Ron Swanson: [aside to camera] Diane suggested we "tag along to London" for a honeymoon. I agreed, because my love for her trumps my hatred for Europe. Then she hit a phase of morning sickness that knocked her for a loop and decided to stay home, but she insisted I go and take pictures for her. All of this could have been avoided if we'd followed my plan for a honeymoon: a steak dinner, a glass of Lagavulin whiskey, then vigorous lovemaking for two hours, and we're both asleep by 8:30.

Quote from Ron Swanson

Ron Swanson: "London at night." [laughs] That is very funny.
Shopkeeper: Can I help you, sir?
Ron Swanson: Yes. I will take this.
Shopkeeper: We don't accept American currency, sir.
Ron Swanson: Of course you do.
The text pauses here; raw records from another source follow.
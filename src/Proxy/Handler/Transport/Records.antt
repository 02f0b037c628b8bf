-- ===== src/Proxy/Handler/Transport/Records.antt =====
-- What an exchange leaves in the batchers.
use codesteward_audit_proxy.Base.{
  ℕ, ◌≡◌, refl, ◌∙◌, Bool, true, false, not, Option, none, some, List, [], ◌∷◌, map, is_some,
  is_nil, All,
}
use codesteward_audit_proxy.Base.Bytes.{Bytes, codes}
use codesteward_audit_proxy.Audit.Event.{AuditEvent}
use codesteward_audit_proxy.Parser.Types.{ParseError}
use codesteward_audit_proxy.Parser.Request.{parse_request, request_capture_disabled}
use codesteward_audit_proxy.Proxy.Http.{header_get, Header, Request, Response}
use codesteward_audit_proxy.Proxy.Handler.{Handler, RequestMeta, Extracted}
use codesteward_audit_proxy.Proxy.Handler.Events.{Describes}
use codesteward_audit_proxy.Proxy.Handler.Extraction.{Sound, extract_events-Sound}
use codesteward_audit_proxy.Proxy.Handler.Transport.{
  Emission, to_audit, to_unprocessed, request_event, unprocessed_event, emissions, on_complete,
  outgoing, request_emissions_of, finish_exchange, round_trip, body_bytes,
}

-- A record of the response `resp` with the body `body`: an audit event that describes it, or an
-- unprocessed event with the whole of it.
abbrev pub RecordOf : RequestMeta → ℕ → Response → Bytes → Emission → Type 0
RecordOf meta ts resp body (to_audit e) = Describes meta ts body e
RecordOf meta ts resp body (to_unprocessed u) =
    (u.raw ≡ body)
    × (u.session_id ≡ meta.session_id)
    × (u.turn_id ≡ meta.turn_id)
    × (u.path ≡ meta.req_path)
    × (u.status_code ≡ resp.status_code)
    × (u.content_type ≡ header_get resp.header "Content-Type")
    × (u.direction ≡ codes "response")

All-to_audit :
    (meta : RequestMeta) (ts : ℕ) (resp : Response) (body : Bytes) (es : List AuditEvent)
    → All (Describes meta ts body) es
    → All (RecordOf meta ts resp body) (map to_audit es)
All-to_audit meta ts resp body [] h = tt
All-to_audit meta ts resp body (e ∷ es) h = (h.0, All-to_audit meta ts resp body es h.1)

is_nil-map : (es : List AuditEvent) → is_nil (map to_audit es) ≡ is_nil es
is_nil-map [] = refl
is_nil-map (e ∷ es) = refl

module _ (error_text : ParseError → Bytes) where
  emissions-RecordOf :
      (meta : RequestMeta) (ts : ℕ) (resp : Response) (body : Bytes) (x : Extracted)
      → (is_stream : Bool) → Sound meta ts body is_stream x
      → (let out =
            emissions error_text true meta ts resp.status_code
              (header_get resp.header "Content-Type")
              body
              x in
          (is_nil out ≡ false) × All (RecordOf meta ts resp body) out)
  unfolding emissions unprocessed_event
  emissions-RecordOf meta ts resp body (some es, e) is_stream h =
      (is_nil-map es ∙ h.0, All-to_audit meta ts resp body es h.1)
  emissions-RecordOf meta ts resp body (none, e) is_stream h =
      (refl, ((refl, refl, refl, refl, refl, refl, refl), tt))

  -- With a batcher for unprocessed events no response is lost: whatever its body, one record at least
  -- reaches a batcher, and every record holds the whole body and the identity of the turn; an
  -- unprocessed one also holds the path, the status and the content type.
  pub on_complete-records :
      (meta : RequestMeta) (ts : ℕ) (resp : Response) (body : Bytes) (is_stream : Bool)
      → (let out = (on_complete error_text true meta ts resp body is_stream).0 in
          (is_nil out ≡ false) × All (RecordOf meta ts resp body) out)
  unfolding on_complete
  on_complete-records meta ts resp body is_stream =
      emissions-RecordOf meta ts resp body _ is_stream (extract_events-Sound meta ts body is_stream)

  -- The records of an answer that the caller reads to its end and closes.
  pub finish_exchange-records :
      (h : Handler) (meta : RequestMeta) (ts : ℕ) (req : Request) (requests : List Emission)
      (resp : Response)
      → h.unprocessed ≡ true
      → (let out =
            (finish_exchange error_text h
              (some meta)
              ts
              req
              requests
              (some resp)).response_emissions in
          (is_nil out ≡ false) × All (RecordOf meta ts resp resp.body) out)
  unfolding finish_exchange
  finish_exchange-records h meta ts req requests resp sink =
      rw sink (on_complete-records meta ts resp resp.body _)

  -- An exchange with metadata puts exactly one request event on its way, whatever the upstream does.
  -- An answer is given to the caller as it is, and with a batcher for unprocessed events it is
  -- recorded; if the upstream fails there is no answer and nothing more is recorded.
  pub round_trip-records :
      (inject : Header → Header) (inner : Request → Option Response) (h : Handler)
      (meta : RequestMeta) (ts : ℕ) (req : Request)
      → h.unprocessed ≡ true
      → (let x = round_trip error_text inject inner h (some meta) ts req in
          (x.request_emissions ≡ to_audit (request_event h meta (body_bytes req.body)) ∷ [])
          × (x.sent ≡ outgoing inject req)
          × (x.response ≡ inner (outgoing inject req))
          × (is_nil x.response_emissions ≡ not (is_some (inner (outgoing inject req)))))
  unfolding round_trip
  round_trip-records inject inner h meta ts req sink = finish (inner (outgoing inject req))
    where
      finish :
          (answer : Option Response)
          → (let x =
                finish_exchange error_text h
                  (some meta)
                  ts
                  (outgoing inject req)
                  (request_emissions_of h (some meta) (body_bytes req.body))
                  answer in
              (x.request_emissions ≡ to_audit (request_event h meta (body_bytes req.body)) ∷ [])
              × (x.sent ≡ outgoing inject req)
              × (x.response ≡ answer)
              × (is_nil x.response_emissions ≡ not (is_some answer)))
      finish none = unfold finish_exchange in (refl, refl, refl, refl)
      finish (some resp) =
          unfold finish_exchange in
          (
            refl,
            refl,
            refl,
            (finish_exchange-records h meta ts (outgoing inject req)
                (request_emissions_of h (some meta) (body_bytes req.body)) resp sink).0,
          )

-- With capture switched off a request event says nothing of the body: two requests that differ only
-- in their bodies leave the same event, marked as not captured, with the placeholder and no messages.
pub request_event-private :
    (h : Handler) (meta : RequestMeta) (b c : Bytes)
    → h.capture_requests ≡ false
    → (request_event h meta b ≡ request_event h meta c)
      × ((request_event h meta b).raw ≡ request_capture_disabled)
      × ((request_event h meta b).user_messages ≡ [])
      × ((request_event h meta b).request_captured ≡ false)
unfolding request_event parse_request
request_event-private h meta b c off = rw off (refl, refl, refl, refl)
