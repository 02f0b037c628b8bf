-- ===== src/Proxy/Serve/Laws.antt =====
-- What the agent and the batchers get of a request, in every case.
use codesteward_audit_proxy.Base.{
  ℕ, ◌≡◌, refl, Bool, true, false, Option, none, some, List, [], ◌∷◌, inl, inr, Bool-cases, is_nil,
  All,
}
use codesteward_audit_proxy.Base.Bytes.{Bytes}
use codesteward_audit_proxy.Base.Int.{eq_ℤ}
use codesteward_audit_proxy.Parser.Types.{ParseError}
use codesteward_audit_proxy.Proxy.Http.{Header, Request, Response}
use codesteward_audit_proxy.Proxy.Router.{rewrite_request}
use codesteward_audit_proxy.Proxy.Handler.{Handler, RequestMeta, director}
use codesteward_audit_proxy.Proxy.Handler.Transport.{
  Emission, to_audit, Exchange, Metrics, request_event, body_bytes, outgoing, finish_exchange,
  round_trip,
}
use codesteward_audit_proxy.Proxy.Handler.Transport.Records.{RecordOf, finish_exchange-records}
use codesteward_audit_proxy.Proxy.ReverseProxy.{forward, is_forwarded, remove_hop_by_hop}
use codesteward_audit_proxy.Proxy.Serve.{
  bad_gateway, Served, switching_protocols, give_answer, serve,
}

module _ (error_text : ParseError → Bytes) (inject : Header → Header)
    (inner : Request → Option Response) (h : Handler) (session_uuid turn_uuid : Bytes) (now ts : ℕ)
    (client_ip : Option Bytes) (req : Request) where
  abbrev pub meta_of : RequestMeta
  meta_of = (director h session_uuid turn_uuid now req).1

  -- The request that reaches the upstream.
  abbrev pub sent_of : Request
  sent_of =
      outgoing inject (forward client_ip req.header (director h session_uuid turn_uuid now req).0)

  abbrev pub accepted_by_proxy : Bool
  accepted_by_proxy = is_forwarded (director h session_uuid turn_uuid now req).0.header

  abbrev pub request_emission : Emission
  request_emission = to_audit (request_event h meta_of (body_bytes req.body))

  -- The ways in which serving a request ends.
  pub data ServeOutcome : Served → Type 0 where
    refused :
        accepted_by_proxy ≡ false
        → ServeOutcome (record { answer = bad_gateway; emissions = []; metrics = none })
    failed :
        accepted_by_proxy ≡ true
        → inner sent_of ≡ none
        → ServeOutcome
            (record { answer = bad_gateway; emissions = request_emission ∷ []; metrics = none })
    switched :
        {resp : Response}
        → accepted_by_proxy ≡ true
        → inner sent_of ≡ some resp
        → eq_ℤ resp.status_code switching_protocols ≡ true
        → ServeOutcome
            (record { answer = bad_gateway; emissions = request_emission ∷ []; metrics = none })
    answered :
        {resp : Response} {records : List Emission} {metrics : Option Metrics}
        → accepted_by_proxy ≡ true
        → inner sent_of ≡ some resp
        → eq_ℤ resp.status_code switching_protocols ≡ false
        → is_nil records ≡ false
        → All (RecordOf meta_of ts resp resp.body) records
        → ServeOutcome (record {
          answer = record resp { header = remove_hop_by_hop resp.header };
          emissions = request_emission ∷ records;
          metrics = metrics;
        })

  abbrev exchange_on : Option Response → Exchange
  exchange_on o = finish_exchange error_text h (some meta_of) ts sent_of (request_emission ∷ []) o

  give_answer-ServeOutcome :
      (o : Option Response)
      → accepted_by_proxy ≡ true
      → inner sent_of ≡ o
      → h.unprocessed ≡ true
      → ServeOutcome (give_answer (exchange_on o) (exchange_on o).response)
  unfolding give_answer finish_exchange
  give_answer-ServeOutcome none ok e sink = failed ok e
  give_answer-ServeOutcome (some resp) ok e sink =
      elim (Bool-cases (eq_ℤ resp.status_code switching_protocols)) [
        | inl switching ↦ rw switching (switched ok e switching)
        | inr plain ↦
            let r =
              finish_exchange-records error_text h meta_of ts sent_of (request_emission ∷ []) resp
                sink in
            rw plain (answered ok e plain r.0 r.1)
      ]

  -- With a batcher for unprocessed events, serving a request ends in one of four ways. A request for
  -- an unprintable upgrade is answered with 502 and leaves nothing. If the upstream fails, or switches
  -- protocols, the answer is 502 and exactly the request event is left. Otherwise the agent gets the
  -- upstream's status and body as they are, and its header less the hop-by-hop fields, and beside
  -- the request event there is at least one record, each of them a record of that response.
  pub serve-ServeOutcome :
      h.unprocessed ≡ true
      → ServeOutcome (serve error_text inject inner h session_uuid turn_uuid now ts client_ip req)
  unfolding serve round_trip director rewrite_request forward
  serve-ServeOutcome sink = elim (Bool-cases accepted_by_proxy) [
    | inr not_printable ↦ rw not_printable (refused not_printable)
    | inl ok ↦ rw ok (give_answer-ServeOutcome (inner sent_of) ok refl sink)
  ]

  -- The emissions of a request that the upstream answers.
  pub serve-answered :
      {resp : Response}
      → h.unprocessed ≡ true
      → accepted_by_proxy ≡ true
      → inner sent_of ≡ some resp
      → eq_ℤ resp.status_code switching_protocols ≡ false
      → (records : List Emission) × ((serve error_text inject inner h session_uuid turn_uuid now ts
            client_ip req).emissions
          ≡ request_emission ∷ records)
        × (is_nil records ≡ false)
        × All (RecordOf meta_of ts resp resp.body) records
  unfolding serve round_trip director rewrite_request forward
  serve-answered {resp} sink ok e plain =
      let r =
        finish_exchange-records error_text h meta_of ts sent_of (request_emission ∷ []) resp sink in
      ((exchange_on (some resp)).response_emissions, rw (ok, e) (given plain), r.0, r.1)
    where
      given :
          eq_ℤ resp.status_code switching_protocols ≡ false
          → (give_answer (exchange_on (some resp)) (exchange_on (some resp)).response).emissions
            ≡ request_emission ∷ (exchange_on (some resp)).response_emissions
      given p = unfold give_answer finish_exchange in rw p
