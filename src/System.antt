-- ===== src/System.antt =====
-- The proxy with its two batchers: the calls of Add in internal/proxy/handler.go.
pub mod Laws
use codesteward_audit_proxy.Base.{List, [], ◌∷◌}
use codesteward_audit_proxy.Audit.Event.{AuditEvent, UnprocessedEvent}
use codesteward_audit_proxy.Audit.Batcher.{Batcher, add}
use codesteward_audit_proxy.Proxy.Handler.Transport.{Emission, to_audit, to_unprocessed}

pub record Sinks : Type 0 where
  pub batcher : Batcher AuditEvent
  pub unprocessed : Batcher UnprocessedEvent

-- `meta.batcher.Add` and `meta.unprocessed.Add`
unfoldable pub emit : Emission → Sinks → Sinks
unfolding add
emit (to_audit e) s = record s { batcher = add e s.batcher }
emit (to_unprocessed u) s = record s { unprocessed = add u s.unprocessed }

unfoldable pub emit_all : List Emission → Sinks → Sinks
unfolding emit
emit_all [] s = s
emit_all (x ∷ xs) s = emit_all xs (emit x s)

abbrev pub audits : List Emission → List AuditEvent
audits [] = []
audits (to_audit e ∷ xs) = e ∷ audits xs
audits (to_unprocessed u ∷ xs) = audits xs

abbrev pub unprocessed_of : List Emission → List UnprocessedEvent
unprocessed_of [] = []
unprocessed_of (to_audit e ∷ xs) = unprocessed_of xs
unprocessed_of (to_unprocessed u ∷ xs) = u ∷ unprocessed_of xs
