-- ===== src/System/Laws.antt =====
-- From a served request to the rows of the two tables.
use codesteward_audit_proxy.Base.{
  ℕ, ◌+◌, ◌≤◌, ◌≡◌, refl, sym, ap, subst, true, false, Option, some, List, [], ◌∷◌, ◌++◌, map,
  length, is_nil, All,
}
use mathlib.Core.List.{Memᴰ}
use codesteward_audit_proxy.Base.Bytes.{Bytes}
use codesteward_audit_proxy.Base.Int.{ℤ, eq_ℤ}
use codesteward_audit_proxy.Audit.Event.{AuditEvent, UnprocessedEvent}
use codesteward_audit_proxy.Audit.Batcher.{running, Batcher, new_batcher, Reach}
use codesteward_audit_proxy.Audit.Stopping.{add_all, shut_down, add_all-stored}
use codesteward_audit_proxy.Audit.Writer.{
  Driver, Row, audit_query, audit_row, unprocessed_query, unprocessed_row, write_batch,
  write_unprocessed_batch, flush_batch, flush_unprocessed, flush_all,
}
use codesteward_audit_proxy.Audit.Writer.Laws.{AlwaysAccepts}
use codesteward_audit_proxy.Parser.Types.{ParseError}
use codesteward_audit_proxy.Proxy.Http.{Header, Request, Response}
use codesteward_audit_proxy.Proxy.Handler.{Handler, RequestMeta}
use codesteward_audit_proxy.Proxy.Handler.Events.{Describes}
use codesteward_audit_proxy.Proxy.Handler.Transport.{
  Emission, to_audit, to_unprocessed, request_event, body_bytes,
}
use codesteward_audit_proxy.Proxy.Handler.Transport.Records.{RecordOf}
use codesteward_audit_proxy.Proxy.Serve.{switching_protocols, serve}
use codesteward_audit_proxy.Proxy.Serve.Laws.{meta_of, sent_of, accepted_by_proxy, serve-answered}
use codesteward_audit_proxy.System.{Sinks, emit, emit_all, audits, unprocessed_of}

emit_all-split :
    (xs : List Emission) (s : Sinks)
    → emit_all xs s ≡ record {
      batcher = add_all (audits xs) s.batcher;
      unprocessed = add_all (unprocessed_of xs) s.unprocessed;
    }
unfolding emit_all emit add_all
emit_all-split [] s = refl
emit_all-split (to_audit e ∷ xs) s = emit_all-split xs (emit (to_audit e) s)
emit_all-split (to_unprocessed u ∷ xs) s = emit_all-split xs (emit (to_unprocessed u) s)

-- Both batchers as NewBatcher made them and the threads left them, neither stopped nor returned, with
-- room for these emissions; and a driver that accepts every call.
pub record Ready (size interval : ℤ) (driver : Driver) (out : List Emission) (s : Sinks)
    : Type 0 where
  pub made : Batcher AuditEvent
  pub unprocessed_made : Batcher UnprocessedEvent
  pub most : ℕ
  pub unprocessed_most : ℕ
  pub new_made : new_batcher most size interval ≡ some made
  pub new_unprocessed : new_batcher unprocessed_most size interval ≡ some unprocessed_made
  pub reached : Reach made s.batcher
  pub unprocessed_reached : Reach unprocessed_made s.unprocessed
  pub active : s.batcher.phase ≡ running
  pub unprocessed_active : s.unprocessed.phase ≡ running
  pub not_stopped : s.batcher.done ≡ false
  pub unprocessed_not_stopped : s.unprocessed.done ≡ false
  pub room : length s.batcher.ch + length (audits out) ≤ s.batcher.capacity
  pub unprocessed_room :
      length s.unprocessed.ch + length (unprocessed_of out) ≤ s.unprocessed.capacity
  pub accepts : AlwaysAccepts driver audit_row
  pub unprocessed_accepts : AlwaysAccepts driver unprocessed_row

-- The two tables that a shutdown leaves: these rows.
pub record Stored (driver : Driver) (db : Bytes) (s : Sinks) (rows unprocessed_rows : List Row)
    : Type 0 where
  pub batches : List (List AuditEvent)
  pub unprocessed_batches : List (List UnprocessedEvent)
  pub shut : shut_down s.batcher ≡ some batches
  pub unprocessed_shut : shut_down s.unprocessed ≡ some unprocessed_batches
  pub table : flush_all (flush_batch driver db) [] batches ≡ rows
  pub unprocessed_table :
      flush_all (flush_unprocessed driver db) [] unprocessed_batches ≡ unprocessed_rows

-- Emissions that find room in both batchers are all stored by a shutdown, each in the table of its
-- kind and in order, behind what was accepted before, if the driver accepts every call.
pub emit_all-Stored :
    (size interval : ℤ) (driver : Driver) (db : Bytes) (out : List Emission) (s : Sinks)
    → Ready size interval driver out s
    → Stored driver db
        (emit_all out s)
        (map audit_row (s.batcher.accepted ++ audits out))
        (map unprocessed_row (s.unprocessed.accepted ++ unprocessed_of out))
unfolding flush_batch flush_unprocessed write_batch write_unprocessed_batch
emit_all-Stored size interval driver db out s r =
    let (hs, shut, table) =
      add_all-stored r.most size interval driver audit_row (audit_query db) s.batcher (audits out)
        r.new_made r.reached r.active r.not_stopped r.room r.accepts in
    let (us, ushut, utable) =
      add_all-stored r.unprocessed_most size interval driver unprocessed_row (unprocessed_query db)
        s.unprocessed (unprocessed_of out) r.new_unprocessed r.unprocessed_reached
        r.unprocessed_active r.unprocessed_not_stopped r.unprocessed_room r.unprocessed_accepts in
    subst
      (λ t.
        Stored driver db t (map audit_row (s.batcher.accepted ++ audits out))
          (map unprocessed_row (s.unprocessed.accepted ++ unprocessed_of out)))
      (sym (emit_all-split out s))
      (record {
        batches = hs;
        unprocessed_batches = us;
        shut = shut;
        unprocessed_shut = ushut;
        table = table;
        unprocessed_table = utable;
      })

Memᴰ-map : {A B : Type 0} (f : A → B) {x : A} {xs : List A} → Memᴰ x xs → Memᴰ (f x) (map f xs)
Memᴰ-map f (Memᴰ.head e) = Memᴰ.head (ap f e)
Memᴰ-map f (Memᴰ.tail m) = Memᴰ.tail (Memᴰ-map f m)

Memᴰ-append : {A : Type 0} (xs : List A) {x : A} {ys : List A} → Memᴰ x ys → Memᴰ x (xs ++ ys)
Memᴰ-append [] m = m
Memᴰ-append (y ∷ xs) m = Memᴰ.tail (Memᴰ-append xs m)

-- A row of the response is in one of the tables.
pub data IsRecorded (meta : RequestMeta) (ts : ℕ) (resp : Response)
    (rows unprocessed_rows : List Row) : Type 0 where
  as_event :
      (e : AuditEvent)
      → Describes meta ts resp.body e
      → Memᴰ (audit_row e) rows
      → IsRecorded meta ts resp rows unprocessed_rows
  as_unprocessed :
      (u : UnprocessedEvent)
      → RecordOf meta ts resp resp.body (to_unprocessed u)
      → Memᴰ (unprocessed_row u) unprocessed_rows
      → IsRecorded meta ts resp rows unprocessed_rows

IsRecorded-records :
    (meta : RequestMeta) (ts : ℕ) (resp : Response) (records : List Emission)
    (before : List AuditEvent) (first : AuditEvent) (before_unprocessed : List UnprocessedEvent)
    → is_nil records ≡ false
    → All (RecordOf meta ts resp resp.body) records
    → IsRecorded meta ts resp
        (map audit_row (before ++ (first ∷ audits records)))
        (map unprocessed_row (before_unprocessed ++ unprocessed_of records))
IsRecorded-records meta ts resp [] before first bu n all = cc
IsRecorded-records meta ts resp (to_audit e ∷ xs) before first bu n all =
    as_event e all.0 (Memᴰ-map audit_row (Memᴰ-append before (Memᴰ.tail (Memᴰ.head refl))))
IsRecorded-records meta ts resp (to_unprocessed u ∷ xs) before first bu n all =
    as_unprocessed u all.0 (Memᴰ-map unprocessed_row (Memᴰ-append bu (Memᴰ.head refl)))

module _ (error_text : ParseError → Bytes) (inject : Header → Header)
    (inner : Request → Option Response) (h : Handler) (session_uuid turn_uuid : Bytes) (now ts : ℕ)
    (client_ip : Option Bytes) (req : Request) where
  abbrev pub emissions_of : List Emission
  emissions_of =
      (serve error_text inject inner h session_uuid turn_uuid now ts client_ip req).emissions

  abbrev pub meta : RequestMeta
  meta = meta_of error_text inject inner h session_uuid turn_uuid now ts client_ip req

  -- A request that the proxy forwards and the upstream answers, without a switch of protocols, is on
  -- record once both batchers are shut down: the table of audit events has the row of the request, and
  -- one of the two tables has a row with the whole response. It holds where the batchers have room
  -- for the emissions and the driver accepts every call, whatever was accepted before.
  pub serve-Stored :
      (size interval : ℤ) (driver : Driver) (db : Bytes) (s : Sinks) {resp : Response}
      → h.unprocessed ≡ true
      → accepted_by_proxy error_text inject inner h session_uuid turn_uuid now ts client_ip req
        ≡ true
      → inner (sent_of error_text inject inner h session_uuid turn_uuid now ts client_ip req)
        ≡ some resp
      → eq_ℤ resp.status_code switching_protocols ≡ false
      → Ready size interval driver emissions_of s
      → (rows unprocessed_rows : List Row) × Stored driver db
          (emit_all emissions_of s)
          rows
          unprocessed_rows
        × Memᴰ (audit_row (request_event h meta (body_bytes req.body))) rows
        × IsRecorded meta ts resp rows unprocessed_rows
  serve-Stored size interval driver db s {resp} sink ok e plain ready =
      let (records, emitted, not_nil, all) =
        serve-answered error_text inject inner h session_uuid turn_uuid now ts client_ip req sink ok
          e plain in
      (
        map audit_row (s.batcher.accepted ++ audits emissions_of),
        map unprocessed_row (s.unprocessed.accepted ++ unprocessed_of emissions_of),
        emit_all-Stored size interval driver db emissions_of s ready,
        rw emitted (Memᴰ-map audit_row (Memᴰ-append s.batcher.accepted (Memᴰ.head refl))),
        rw emitted (
            IsRecorded-records meta ts resp records s.batcher.accepted _ s.unprocessed.accepted
              not_nil all),
      )
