-- ===== src/Hnsw/Search.antt =====
-- `search_with_distances`, `search` and `exact_among`.
pub mod Exact
pub mod Results
pub mod Allowed
pub mod Tests
use distributed_vector_searc.Prelude.{
  ℕ, zero, suc, ◌+◌, ◌-◌, Bool, true, false, List, [], ◌∷◌, ◌++◌, map, Option, none, some, Result,
  Error, ok, err, ◌>>=◌, if◌then◌else◌, length, take, ltb, max, Ord, nat_ord, pair_ord, get_elem?,
}
use distributed_vector_searc.Python.Sorting.{sorted}
use distributed_vector_searc.Hnsw.{Space, Heapq, Hnsw, Layer, layer_at, distances}
use distributed_vector_searc.Hnsw.Layer.{
  greedy_descend, search_layer_with_distances, search_layer_filtered,
}
use distributed_vector_searc.Hnsw.Insert.{descend}

-- `node_ids[nearest]` and `dists[nearest]`
unfoldable pub entries_at : {D : Type 0} → List (D × ℕ) → List ℕ → Result (List (D × ℕ))
entries_at pairs [] = ok []
entries_at pairs (i ∷ indices) = elim (get_elem? pairs i) [
  | none ↦ err Error.index_error
  | some pair ↦ do rest ← entries_at pairs indices; ok (pair ∷ rest)
]

module _ {V D R : Type 0} ⦃o : Ord D⦄ (s : Space V D) (heap : Heapq D) where
  -- The search of layer 0, of all nodes or of those that an array allows.
  unfoldable pub search_bottom : Hnsw V R → V → ℕ → ℕ → Option (List Bool) → Result (List (D × ℕ))
  unfolding layer_at search_layer_with_distances search_layer_filtered
  search_bottom h query k entry none = do
    layer ← layer_at h.graph 0
    search_layer_with_distances s h.rows heap layer query entry h.ef_search
  search_bottom h query k entry (some allowed) = do
    layer ← layer_at h.graph 0
    search_layer_filtered s h.rows heap layer query entry (max h.ef_search k) allowed

  -- The search of an index that is not empty.
  unfoldable pub search_from : Hnsw V R → V → ℕ → Option (List Bool) → ℕ → Result (List (D × ℕ))
  unfolding descend search_bottom sorted
  search_from h query k allowed entry_point = do
    entry ← descend s h.rows h.graph query 0 (h.levels - 1) entry_point
    found ← search_bottom h query k entry allowed
    ok (take k (sorted found))

  unfoldable pub search_with_distances :
      Hnsw V R → V → ℕ → Option (List Bool) → Result (List (D × ℕ))
  unfolding search_from
  search_with_distances h vector k allowed = elim h.entry_point [
    | none ↦ ok []
    | some entry_point ↦ search_from h (s.normalize vector) k allowed entry_point
  ]

  unfoldable pub search : Hnsw V R → V → ℕ → Result (List ℕ)
  unfolding search_with_distances
  search h query k = do found ← search_with_distances h query k none; ok (map (λ r. r.1) found)

  unfoldable pub exact_among : Hnsw V R → V → List ℕ → ℕ → Result (List (D × ℕ))
  unfolding distances entries_at sorted
  exact_among h vector [] k = ok []
  exact_among h vector (node ∷ nodes) k = do
    pairs ← distances s h.rows (s.normalize vector) (node ∷ nodes)
    nearest ← elim (ltb k (length pairs)) [
      | true ↦ entries_at pairs (take k (s.argpartition (map (λ p. p.0) pairs) k))
      | false ↦ ok pairs
    ]
    ok (take k (sorted nearest))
That's the most wonderful piece of paper in the world. Accept it.
Shopkeeper: Very sorry, sir.
Ron Swanson: Fine. Enjoy the fact that your royal overlords are a frail, old woman and a tiny baby.

Quote from Ben

Ben: [aside to camera] Andy and I are meeting with an English charity foundation to expand our after-school music program, and British people love me. There was this British kid in my high school who always called me "Big Ben" and would punch me really hard on the arm, and go, "Bong! Bong! Bo--" Oh, he might have hated me.

Quote from Perd Hapley

Kathryn Pinewood: [online video] Apparently, she can't be bothered to stay here in Pawnee, not when there's Europe to gallivant around in.
Perd Hapley: Well, we conducted a Perd poll and asked this question: 48% said she should not be in Europe, 17% say it's okay, and 35% said they were confused by the way the question was posed.

Quote from Andy

Andy: I can't believe we're at Hogwarts!
Ben: No, that's Buckingham Palace. Hogwarts is fictional. Do you know that? It's important to me that you know that.

Quote from Tom

Trevor Nelsson: Ah, Mr. Haverford, back again, I see.
Tom: What the hell, man? This looks exactly like my store!
Trevor Nelsson: I know. My client is a very determined businessman. When he rips someone off, he goes all the way. You see, you are Hydrox, Mr. Haverford. We are Oreo.
Tom: Your mysterious, unnamed client seems like a pretty intense guy. I am impressed by how quickly he was able to move such a large amount of merchandise.
Trevor Nelsson: Mm.
Tom: He must be one heck of a transporter.
Trevor Nelsson: My client is not Jason Statham, if that's what you're thinking.
Tom: Sure. Your sales are gonna start to crank up any minute now.
Trevor Nelsson: I assume that's the name of a movie he's done. It's not Jason Statham.

Quote from Tom

Tom: [aside to camera] Some mysterious big shot investor has opened up a store directly across the street from rent-a-swag to try to put me out of business. I'm not worried, though. I've poured my heart and soul into my store. I'm sure this guy's just looking for a place to store all his NBA championship trophies.
Trevor Nelsson: [o.s.] It's not LeBron James.
Tom: Damn.

Quote from Leslie Knope

Leslie Knope: The Notting Hill bus tour starts at 2:00, the Love Actually bus tour starts at 2:30, and... Oh, the Bridget Jones bus tour starts at 2:30 also. What do we do? Ron, your pick.

Quote from Ron Swanson

Diane: So I...am pregnant. [chuckles]
Ron Swanson: I see.
Diane: I don't understand how. We were so careful.
Ron Swanson: I warned you about this. Standard birth control methods aren't usually effective against a Swanson.
Diane: I got about a million thoughts running around in my head, but I really just want to know what you're thinking.
Ron Swanson: Okay, here's what I'm thinking. I was gonna wait until our anniversary, take you somewhere romantic, perhaps in a canoe. Most likely in a canoe. I actually built a canoe for that purpose, but given the news, and given my significant feelings for you, now seems as good a time as any.
Diane: Ron Swanson.
Ron Swanson: Diane Lewis... will you marry me?
Diane: Yes. On one condition.
Ron Swanson: Anything, my love. Ask me for anything in the world, and I'll give it to you, except a destination wedding.
Diane: Just the opposite. We've both been married before. I don't want anything big or elaborate. In fact, the smaller the better. I assume you can deal with that.
Ron Swanson: Are you kidding? As far as I'm concerned, we could go up to the fourth floor right now.